Data excerpts
=== Begin Enclosure ===
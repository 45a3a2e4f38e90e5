-- ===== src/Util/Compare.antt =====
-- lwrcmp compares like the order of the chars in lower case.
use poplar.Prelude.{
  ℕ, zero, suc, ◌≤◌, ◌<◌, ◌≡◌, inl, inr, refl, ap, sym, true, false, List, [], ◌∷◌, arith, length,
  ap₂, ltb→lt, get_or, drop, ◌≢◌, ltb, ◌↔◌, map, take, Bool-cases,
}
use poplar.Prelude.Bits.{holds_to, holds_to_at}
use poplar.Prelude.Int.{ℤ, pos, negsuc}
use poplar.Run.{ok}
use poplar.Util.{lwr, char_lt, lwrcmp}

abbrev pub AllChars : List ℕ → Type 0
AllChars [] = Unit
AllChars (c ∷ cs) = (c < 256) × AllChars cs

head_eq : {a b : ℕ} {xs ys : List ℕ} → (a ∷ xs) ≡ (b ∷ ys) → a ≡ b
head_eq {a} e = ap (λ t. get_or t 0 a) e

tail_eq : {a b : ℕ} {xs ys : List ℕ} → (a ∷ xs) ≡ (b ∷ ys) → xs ≡ ys
tail_eq e = ap (drop 1) e

lwr_table : holds_to (λ a. ltb (lwr a) 256) 256 ≡ true
unfolding holds_to lwr
lwr_table = refl

lwr-lt : (a : ℕ) → a < 256 → lwr a < 256
lwr-lt a h = ltb→lt (lwr a) 256 (holds_to_at _ 256 a h lwr_table)

char_lt_irrefl : (a b : ℕ) → char_lt a b ≡ true → a ≢ b
char_lt_irrefl a b h e = ground arith

char_lt_asym : (a b : ℕ) → char_lt a b ≡ true → char_lt b a ≡ false
char_lt_asym a b h = ground arith

char_lt-eq : (a b : ℕ) → a < 256 → b < 256 → char_lt a b ≡ false → char_lt b a ≡ false → a ≡ b
char_lt-eq a b g h m n = ground arith

abbrev pub opposite : ℤ → ℤ
opposite (pos zero) = pos 0
opposite (pos (suc n)) = negsuc n
opposite (negsuc n) = pos (suc n)

-- On two arrays of at least `n` chars, lwrcmp returns; the result is 0 exactly where the first `n`
-- chars in lower case are the same, and the arrays swapped give the opposite result.
pub lwrcmp-lwr :
    (xs ys : List ℕ) (n : ℕ)
    → n ≤ length xs
    → n ≤ length ys
    → AllChars xs
    → AllChars ys
    → (r : ℤ) × (lwrcmp xs ys n ≡ ok r)
      × ((r ≡ pos 0) ↔ (map lwr (take n xs) ≡ map lwr (take n ys)))
      × (lwrcmp ys xs n ≡ ok (opposite r))
unfolding lwrcmp
lwrcmp-lwr xs ys zero h k c d = (pos 0, refl, (λ e. refl, λ e. refl), refl)
lwrcmp-lwr [] ys (suc n) h k c d = absurd (omega arith)
lwrcmp-lwr (a ∷ xs) [] (suc n) h k c d = absurd (omega arith)
lwrcmp-lwr (a ∷ xs) (b ∷ ys) (suc n) h k c d = elim (Bool-cases (char_lt (lwr a) (lwr b))) [
  | inl l ↦ (
    negsuc 0,
    rw l,
    (λ e. cc, λ e. absurd (char_lt_irrefl (lwr a) (lwr b) l (head_eq e))),
    rw (char_lt_asym (lwr a) (lwr b) l, l),
  )
  | inr m ↦ elim (Bool-cases (char_lt (lwr b) (lwr a))) [
    | inl l ↦ (
      pos 1,
      rw (m, l),
      (λ e. cc, λ e. absurd (char_lt_irrefl (lwr b) (lwr a) l (sym (head_eq e)))),
      rw l,
    )
    | inr l ↦
        let (r, runs, iff, back) = lwrcmp-lwr xs ys n (omega arith) (omega arith) c.1 d.1 in
        let same = char_lt-eq (lwr a) (lwr b) (lwr-lt a c.0) (lwr-lt b d.0) m l in
        (
          r,
          rw (m, l, runs),
          (λ e. ap₂ (λ s t. s ∷ t) same (iff.0 e), λ e. iff.1 (tail_eq e)),
          rw (l, m, back),
        )
  ]
]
=== End Enclosure ===
- Work instructions: Beginning with the first line of the entries, repeat each line exactly until you have reproduced the one containing "opposite (negsuc n) = pos (suc n)", and add nothing further.

- The completed task:
repository 45a3a2e4f38e90e5
-- ===== src/Util/Compare.antt =====
-- lwrcmp compares like the order of the chars in lower case.
use poplar.Prelude.{
  ℕ, zero, suc, ◌≤◌, ◌<◌, ◌≡◌, inl, inr, refl, ap, sym, true, false, List, [], ◌∷◌, arith, length,
  ap₂, ltb→lt, get_or, drop, ◌≢◌, ltb, ◌↔◌, map, take, Bool-cases,
}
use poplar.Prelude.Bits.{holds_to, holds_to_at}
use poplar.Prelude.Int.{ℤ, pos, negsuc}
use poplar.Run.{ok}
use poplar.Util.{lwr, char_lt, lwrcmp}

abbrev pub AllChars : List ℕ → Type 0
AllChars [] = Unit
AllChars (c ∷ cs) = (c < 256) × AllChars cs

head_eq : {a b : ℕ} {xs ys : List ℕ} → (a ∷ xs) ≡ (b ∷ ys) → a ≡ b
head_eq {a} e = ap (λ t. get_or t 0 a) e

tail_eq : {a b : ℕ} {xs ys : List ℕ} → (a ∷ xs) ≡ (b ∷ ys) → xs ≡ ys
tail_eq e = ap (drop 1) e

lwr_table : holds_to (λ a. ltb (lwr a) 256) 256 ≡ true
unfolding holds_to lwr
lwr_table = refl

lwr-lt : (a : ℕ) → a < 256 → lwr a < 256
lwr-lt a h = ltb→lt (lwr a) 256 (holds_to_at _ 256 a h lwr_table)

char_lt_irrefl : (a b : ℕ) → char_lt a b ≡ true → a ≢ b
char_lt_irrefl a b h e = ground arith

char_lt_asym : (a b : ℕ) → char_lt a b ≡ true → char_lt b a ≡ false
char_lt_asym a b h = ground arith

char_lt-eq : (a b : ℕ) → a < 256 → b < 256 → char_lt a b ≡ false → char_lt b a ≡ false → a ≡ b
char_lt-eq a b g h m n = ground arith

abbrev pub opposite : ℤ → ℤ
opposite (pos zero) = pos 0
opposite (pos (suc n)) = negsuc n
opposite (negsuc n) = pos (suc n)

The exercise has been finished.